** Opening RECORDS FOR THE TASK block **

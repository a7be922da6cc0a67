-- ===== src/Intercept/Coherence.antt =====
-- Coherence of policy files: proofs about `from_document`, `policy_from_flags` and what their
-- policies decide on a CONNECT.
use eggreplay.Intercept.Priority.{Permits, evaluate-allow}
use eggreplay.Bytes.{Bytes, codes, trim}
use eggreplay.Intercept.Rules.{
  max_policy_rules, resolve_connect, TargetPolicy, new_policy, rule_matches, connect, ConnectAction,
  RuleAction, covers, evaluate, RequestKind, resolve_with,
}
use eggreplay.Intercept.PolicyFile.{
  check_coherence, FilePolicy, parse_rules, from_document, PolicyDocument, is_mixed, RuleDocument,
  mixed_actions, FileRule, to_target_policy, policy_from_flags, parse_rule, target_rule,
  connect_action, parse_connect_action, flag_rules, allow_action, is_deny, FileAction, same_connect,
  rule_action, parse_host_pattern,
}
use eggreplay.Prelude.{
  List, [], any, ap, false, length, map, ok, refl, ◌∷◌, ◌≡◌, ◌≤◌, Bool-cases, bind-eq-ok, inl, inr,
  reject_if, sym, Any, reject_if-eq-ok, true, ℕ, ◌≢◌, ◌⊎◌, ltb, not, ◌==◌, nat_eq, list_eq,
  option_eq, pair_eq, arith, ok-inj, saturating_add, subst, Any-and, Any-imp, Any-map, any-All-not,
  length-map, ◌∙◌, is_empty, ◌&&◌, ◌++◌,
}
use eggreplay.Intercept.Hosts.{IpAddresses, NormalizedHost}

-- Rules none of which contradicts a default.
abbrev pub IsCoherent : {Addr : Type 0} → FilePolicy Addr → Type 0
IsCoherent policy = any (is_mixed policy.default_connect_action) policy.rules ≡ false

check_coherence-ok :
    {Addr : Type 0} (p : FilePolicy Addr) → (u : Unit {0}) → check_coherence p ≡ ok u → IsCoherent p
unfolding check_coherence
check_coherence-ok p tt h = elim (Bool-cases (any (is_mixed p.default_connect_action) p.rules)) [
  | inl mixed ↦ absurd (cc (h, ap (λ b. reject_if b mixed_actions) mixed))
  | inr none_is ↦ none_is
]

same_connect-eq : (a b : ConnectAction) → same_connect a b ≡ true → a ≡ b
unfolding same_connect
same_connect-eq ConnectAction.refuse ConnectAction.refuse h = refl
same_connect-eq ConnectAction.tunnel ConnectAction.tunnel h = refl
same_connect-eq ConnectAction.intercept ConnectAction.intercept h = refl
same_connect-eq ConnectAction.refuse ConnectAction.tunnel h = absurd (cc h)
same_connect-eq ConnectAction.refuse ConnectAction.intercept h = absurd (cc h)
same_connect-eq ConnectAction.tunnel ConnectAction.refuse h = absurd (cc h)
same_connect-eq ConnectAction.tunnel ConnectAction.intercept h = absurd (cc h)
same_connect-eq ConnectAction.intercept ConnectAction.refuse h = absurd (cc h)
same_connect-eq ConnectAction.intercept ConnectAction.tunnel h = absurd (cc h)

allowed-agrees :
    (a : FileAction) (d : ConnectAction) (k : RequestKind)
    → not (is_deny a) && covers k connect && not (same_connect (connect_action a) d) ≡ false
    → covers k connect ≡ true
    → rule_action a ≡ RuleAction.allow
    → connect_action a ≡ d
unfolding is_deny connect_action rule_action
allowed-agrees FileAction.deny d k unmixed covered allowed = absurd (cc allowed)
allowed-agrees FileAction.tunnel d k unmixed covered allowed = same_connect-eq _ d (ground arith)
allowed-agrees FileAction.intercept d k unmixed covered allowed = same_connect-eq _ d (ground arith)

is_mixed-agrees :
    {Addr : Type 0} (default_action : ConnectAction) (r : FileRule Addr)
    → is_mixed default_action r ≡ false
    → covers r.kind connect ≡ true
    → rule_action r.action ≡ RuleAction.allow
    → connect_action r.action ≡ default_action
unfolding is_mixed is_deny same_connect connect_action rule_action
is_mixed-agrees default_action r unmixed covered allowed =
    allowed-agrees r.action default_action r.kind unmixed covered allowed

-- `to_target_policy` where it succeeds
abbrev converted : {Addr : Type 0} → FilePolicy Addr → TargetPolicy Addr
converted p = record {
  rules = map target_rule p.rules;
  default_connect_action = p.default_connect_action;
}

RuleAction-cases : (a : RuleAction) → (a ≡ RuleAction.allow) ⊎ (a ≡ RuleAction.deny)
RuleAction-cases RuleAction.allow = inl refl
RuleAction-cases RuleAction.deny = inr refl

module _ (ips : IpAddresses) where
  open ips use {IpAddr}

  length-parse_rules :
      (rs : List RuleDocument) (out : List (FileRule IpAddr))
      → parse_rules ips rs ≡ ok out
      → length out ≡ length rs
  unfolding parse_rules
  length-parse_rules [] out h = cc h
  length-parse_rules (r ∷ rs) out h =
      let (rule, e, g) = bind-eq-ok (parse_rule ips r) _ h in
      let (rules, e2, k) = bind-eq-ok (parse_rules ips rs) _ g in
      cc (k, length-parse_rules rs rules e2)

  -- A document that is read gives a coherent policy, of at most 128 rules.
  from_document-ok :
      (d : PolicyDocument) (p : FilePolicy IpAddr)
      → from_document ips d ≡ ok p
      → IsCoherent p × (length p.rules ≤ max_policy_rules)
  unfolding from_document check_coherence
  from_document-ok d p h =
      let (versioned, g) =
        reject_if-eq-ok (not (d.version == codes "eggreplay-intercept-policy/v1")) _ _ h in
      let (few, f) = reject_if-eq-ok (ltb max_policy_rules (length d.rules)) _ _ g in
      let (action, parsed, e) = bind-eq-ok (parse_connect_action d.default_connect_action) _ f in
      let (rules, parsed_rules, c) = bind-eq-ok (parse_rules ips d.rules) _ e in
      let (coherent, same) = reject_if-eq-ok (any (is_mixed action) rules) _ _ c in
      subst (λ q. IsCoherent q × (length q.rules ≤ max_policy_rules)) (ok-inj same)
        (coherent, rw (length-parse_rules d.rules rules parsed_rules) (ground arith))

  kind_covered :
      (host : NormalizedHost IpAddr) (port : ℕ) (r : FileRule IpAddr)
      → rule_matches ips host port connect (target_rule r) ≡ true
      → covers r.kind connect ≡ true
  unfolding rule_matches target_rule
  kind_covered host port r h = ground arith

  resolve_connect-IsCoherent :
      (p : FilePolicy IpAddr)
      → IsCoherent p
      → (host : NormalizedHost IpAddr) (port : ℕ)
      → (resolve_connect ips (converted p) host port ≡ ConnectAction.refuse)
        ⊎ Any
            (λ r.
              Permits ips host port connect (map target_rule p.rules) (target_rule r)
              × (connect_action r.action ≡ resolve_connect ips (converted p) host port))
            p.rules
  unfolding resolve_connect rule_action target_rule
  resolve_connect-IsCoherent p coherent host port =
      elim (RuleAction-cases (evaluate ips (converted p) host port connect)) [
        | inr denied ↦ inl (ap (resolve_with p.default_connect_action) denied)
        | inl allowed ↦ inr (
            Any-imp p.rules
              (λ r (unmixed, permits). (
                permits,
                is_mixed-agrees p.default_connect_action r unmixed
                      (kind_covered host port r permits.0) permits.1.0
                    ∙ sym (ap (resolve_with p.default_connect_action) allowed),
              ))
              (Any-and _ _ p.rules (any-All-not _ p.rules coherent) (
                Any-map _ target_rule p.rules
                  ((evaluate-allow ips host port connect (converted p)).0 allowed))))
      ]

  -- A document that is read converts into a policy with the same rules in the same order, whatever
  -- the number of them, and with the same default.
  pub to_target_policy-from_document :
      (d : PolicyDocument) (p : FilePolicy IpAddr)
      → from_document ips d ≡ ok p
      → to_target_policy p ≡ ok (converted p)
  unfolding to_target_policy new_policy
  to_target_policy-from_document d p h =
      let (coherent, few) = from_document-ok d p h in
      rw (length-map target_rule p.rules) (ground arith)

  -- What a CONNECT gets from a file: a refusal, or the action of one of its rules that permit it.
  pub resolve_connect-from_document :
      (d : PolicyDocument) (p : FilePolicy IpAddr) (t : TargetPolicy IpAddr)
      → from_document ips d ≡ ok p
      → to_target_policy p ≡ ok t
      → (host : NormalizedHost IpAddr) (port : ℕ)
      → (resolve_connect ips t host port ≡ ConnectAction.refuse)
        ⊎ Any
            (λ r.
              Permits ips host port connect t.rules (target_rule r)
              × (connect_action r.action ≡ resolve_connect ips t host port))
            p.rules
  resolve_connect-from_document d p t h e host port =
      let converted = ok-inj (sym (to_target_policy-from_document d p h) ∙ e) in
      subst
        (λ t.
          (resolve_connect ips t host port ≡ ConnectAction.refuse)
          ⊎ Any
              (λ r.
                Permits ips host port connect t.rules (target_rule r)
                × (connect_action r.action ≡ resolve_connect ips t host port))
              p.rules)
        converted (resolve_connect-IsCoherent p (from_document-ok d p h).0 host port)

  -- The rules of allowed hosts begin with one that contradicts the default.
  flag_rules-mixed :
      (h : Bytes) (hs : List Bytes) (out : List (FileRule IpAddr))
      → flag_rules ips (allow_action ips ConnectAction.refuse) (h ∷ hs) ≡ ok out
      → (r : FileRule IpAddr) × (rest : List (FileRule IpAddr)) × (out ≡ r ∷ rest)
        × (is_mixed ConnectAction.refuse r ≡ true)
  unfolding flag_rules allow_action is_mixed is_deny same_connect connect_action covers
  flag_rules-mixed h hs out e =
      let (given, f) = reject_if-eq-ok (is_empty (trim h)) _ _ e in
      let (host, parsed, g) = bind-eq-ok (parse_host_pattern ips (trim h)) _ f in
      let (rest, parsed_rest, same) =
        bind-eq-ok (flag_rules ips (allow_action ips ConnectAction.refuse) hs) _ g in
      (_, rest, sym (ok-inj same), refl)

  -- With the default that refuses no host can be allowed by flags.
  pub policy_from_flags-refuse :
      (h : Bytes) (hs deny_hosts : List Bytes) (p : FilePolicy IpAddr)
      → policy_from_flags ips ConnectAction.refuse (h ∷ hs) deny_hosts ≢ ok p
  unfolding policy_from_flags check_coherence
  policy_from_flags-refuse h hs deny_hosts p e =
      let (few, g) =
        reject_if-eq-ok
          (ltb max_policy_rules (saturating_add (length (h ∷ hs)) (length deny_hosts))) _ _ e in
      let (allowed, parsed, f) =
        bind-eq-ok (flag_rules ips (allow_action ips ConnectAction.refuse) (h ∷ hs)) _ g in
      let (denied, parsed_denied, c) = bind-eq-ok (flag_rules ips FileAction.deny deny_hosts) _ f in
      let (first, rest, same, mixed) = flag_rules-mixed h hs allowed parsed in
      let (coherent, made) =
        reject_if-eq-ok (any (is_mixed ConnectAction.refuse) (allowed ++ denied)) _ _ c in
      cc (
        coherent,
        subst (λ l. any (is_mixed ConnectAction.refuse) (l ++ denied) ≡ true) (sym same)
            (ground arith),
      )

** Closing RECORDS FOR THE TASK block **

### [EXERCISE BRIEF]
Given the records above, return exactly the lines starting at the line containing "resolve_connect-from_document d p" and ending at the line containing "(h : Bytes) (hs deny_hosts", including both.

### [YOUR SOLUTION]
  resolve_connect-from_document d p t h e host port =
      let converted = ok-inj (sym (to_target_policy-from_document d p h) ∙ e) in
      subst
        (λ t.
          (resolve_connect ips t host port ≡ ConnectAction.refuse)
          ⊎ Any
              (λ r.
                Permits ips host port connect t.rules (target_rule r)
                × (connect_action r.action ≡ resolve_connect ips t host port))
              p.rules)
        converted (resolve_connect-IsCoherent p (from_document-ok d p h).0 host port)

  -- The rules of allowed hosts begin with one that contradicts the default.
  flag_rules-mixed :
      (h : Bytes) (hs : List Bytes) (out : List (FileRule IpAddr))
      → flag_rules ips (allow_action ips ConnectAction.refuse) (h ∷ hs) ≡ ok out
      → (r : FileRule IpAddr) × (rest : List (FileRule IpAddr)) × (out ≡ r ∷ rest)
        × (is_mixed ConnectAction.refuse r ≡ true)
  unfolding flag_rules allow_action is_mixed is_deny same_connect connect_action covers
  flag_rules-mixed h hs out e =
      let (given, f) = reject_if-eq-ok (is_empty (trim h)) _ _ e in
      let (host, parsed, g) = bind-eq-ok (parse_host_pattern ips (trim h)) _ f in
      let (rest, parsed_rest, same) =
        bind-eq-ok (flag_rules ips (allow_action ips ConnectAction.refuse) hs) _ g in
      (_, rest, sym (ok-inj same), refl)

  -- With the default that refuses no host can be allowed by flags.
  pub policy_from_flags-refuse :
      (h : Bytes) (hs deny_hosts : List Bytes) (p : FilePolicy IpAddr)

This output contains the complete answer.